Il y a aussi des gens qui regardent le système de justice de l’extérieur sans se rendre compte qu’il est beaucoup plus compliqué qu’il n’y paraît. Ces membres du public doivent savoir que les acteurs du système ne sont généralement pas là par choix. Leur présence est plutôt le résultat d’un dysfonctionnement dans leur famille ou dans leur collectivité. Ce dysfonctionnement est le produit de divers facteurs, comme la pauvreté, le système de pensionnats ou le système de placement en famille d’accueil. Les gens sont rarement nés pour commettre des crimes.

Les membres du public doivent également savoir que les statistiques produites mesurent le nombre de personnes qui sont dans le système de justice, mais que ces chiffres n’indiquent pas le nombre de personnes d’une communauté particulière qui n’y sont pas. Par exemple, lorsque des statistiques montrent qu’il y a un nombre élevé de personnes autochtones incarcérées, ce nombre est comparé par habitant à d’autres Canadiens qui sont en prison. Les statistiques ne doivent pas être lues pour soutenir les stéréotypes ou des préjugés.
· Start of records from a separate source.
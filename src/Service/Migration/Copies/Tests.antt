-- ===== src/Service/Migration/Copies/Tests.antt =====
-- agent/cg-agent/src/service/migration.rs: passes over the old copies.
use cyber_guard_enterprise.Prelude.{
  ◌≡◌, ◌⊎◌, refl, Bool, true, false, [], ◌∷◌, none, some, bytes, text_eq, eq_ignore_ascii_case,
  to_ascii_lowercase,
}
use cyber_guard_enterprise.Prelude.Print.{to_radix, to_hex}
use cyber_guard_enterprise.Prelude.Results.{ok, err, done}
use cyber_guard_enterprise.Custody.Security.{Handle, shape_of, check_shape}
use cyber_guard_enterprise.Service.Migration.Arguments.{remove, Texts, text_lt}
use cyber_guard_enterprise.Service.Migration.Entries.{known_name}
use cyber_guard_enterprise.Service.Migration.Host.{Record}
use cyber_guard_enterprise.Service.Migration.Copies.{
  Copies, no_copies, Directory, check_copy, restrict_legacy_directory, restrict_known,
  restrict_copy, remove_copy, remove_legacy_directory, removal, chosen, take_copy, take_copies,
  restricted_first, removed_last, empty_directory, rewrite_record, pass, copies,
}
use cyber_guard_enterprise.Service.Migration.Copies.Reports.{IsAccount, copies-IsAccount}

abbrev recorded : Record
recorded = record {
  choice = remove;
  fingerprints = [];
  agent_id = bytes "018f";
  key_fingerprint = bytes "sha256:11";
  enrolling_account = none;
  files =
      (bytes "cert.pem", bytes "00000001-0000000000000002")
      ∷ (bytes "key.dat", bytes "00000001-0000000000000003")
      ∷ [];
  reversal_pending = false;
  copies_not_reached = [];
}

abbrev object : Bool → Handle
object is_directory = record {
  information = ok (record {
    is_reparse_point = false;
    is_directory = is_directory;
    number_of_links = 1;
    id = (1, 2);
  });
  security = err [];
  contents = err [];
}

-- Every object is the file that `cert.pem` was when it was checked.
abbrev legacy : Texts → Texts → Directory
legacy listed listed_again = record {
  root_record = ok (some recorded);
  is_counted = true;
  legacy_path = bytes "P\\L";
  at_restrict = none;
  opened = ok (object true);
  secured = ok done;
  listed = ok listed;
  at_copy = λ name. none;
  copy_opened = λ name. ok (object false);
  copy_secured = λ name. ok done;
  copy_reopened = λ name. ok (object false);
  copy_deleted = λ name. ok done;
  listed_again = ok listed_again;
  at_remove = none;
  reopened = ok (object true);
  deleted = ok done;
  at_rewrite = none;
  rewritten = ok done;
}

abbrev one_missed : Copies
one_missed = record {
  restricted = bytes "CERT.pem" ∷ [];
  removed = bytes "CERT.pem" ∷ [];
  not_reached = bytes "key.dat" ∷ [];
  directory_removed = false;
}

removes_all :
    copies (legacy (bytes "CERT.pem" ∷ []) [])
    ≡ ok (
      record {
        restricted = bytes "CERT.pem" ∷ [];
        removed = bytes "CERT.pem" ∷ [];
        not_reached = [];
        directory_removed = true;
      },
      none,
    )
unfolding copies pass restricted_first restrict_legacy_directory check_shape shape_of take_copies
    take_copy restrict_copy restrict_known known_name check_copy chosen removal remove_copy
    empty_directory removed_last remove_legacy_directory rewrite_record text_lt eq_ignore_ascii_case
    to_ascii_lowercase text_eq to_hex to_radix
removes_all = refl

-- The object called `key.dat` is not the one that was checked.
misses_one :
    copies (legacy (bytes "key.dat" ∷ bytes "CERT.pem" ∷ []) (bytes "key.dat" ∷ []))
    ≡ ok (one_missed, some (record recorded { copies_not_reached = bytes "key.dat" ∷ [] }))
unfolding copies pass restricted_first restrict_legacy_directory check_shape shape_of take_copies
    take_copy restrict_copy restrict_known known_name check_copy chosen removal remove_copy
    empty_directory removed_last remove_legacy_directory rewrite_record text_lt eq_ignore_ascii_case
    to_ascii_lowercase text_eq to_hex to_radix
misses_one = refl

copies-IsAccount_example :
    (((legacy (bytes "key.dat" ∷ bytes "CERT.pem" ∷ []) (bytes "key.dat" ∷ [])).is_counted ≡ false)
      × (one_missed ≡ no_copies)
      × (some (record recorded { copies_not_reached = bytes "key.dat" ∷ [] }) ≡ none))
    ⊎ IsAccount
        (legacy (bytes "key.dat" ∷ bytes "CERT.pem" ∷ []) (bytes "key.dat" ∷ []))
        recorded
        one_missed
        (some (record recorded { copies_not_reached = bytes "key.dat" ∷ [] }))
copies-IsAccount_example =
    copies-IsAccount (legacy (bytes "key.dat" ∷ bytes "CERT.pem" ∷ []) (bytes "key.dat" ∷ []))
      recorded one_missed (some (record recorded { copies_not_reached = bytes "key.dat" ∷ [] }))
      refl misses_one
J’aimerais aussi que les membres du public canadien sachent que les personnes qui Å“uvrent au sein du système de justice travaillent avec des ressources limitées. Le système est en interaction avec des personnes qui ont souvent des problèmes de dépendance et de santé mentale. Ces problèmes sont parfois le résultat d’une vie dans la pauvreté ou d’un traumatisme intergénérationnel. Le système travaille également avec des gens qui traversent des étapes difficiles de leur vie et qui finiront par en sortir lorsqu’ils surmonteront les défis auxquels ils sont confrontés ou prendront de la maturité. Pour les travailleurs du système de justice, les ressources qui peuvent aider ces personnes à relever ces défis sont limitées et ne sont pas offertes dans toutes les régions du pays. Il peut y avoir une volonté de travailler efficacement dans le système sans avoir les moyens d’atteindre cet objectif.

Voilà certaines des choses que j’aimerais que le public sache au sujet du système de justice.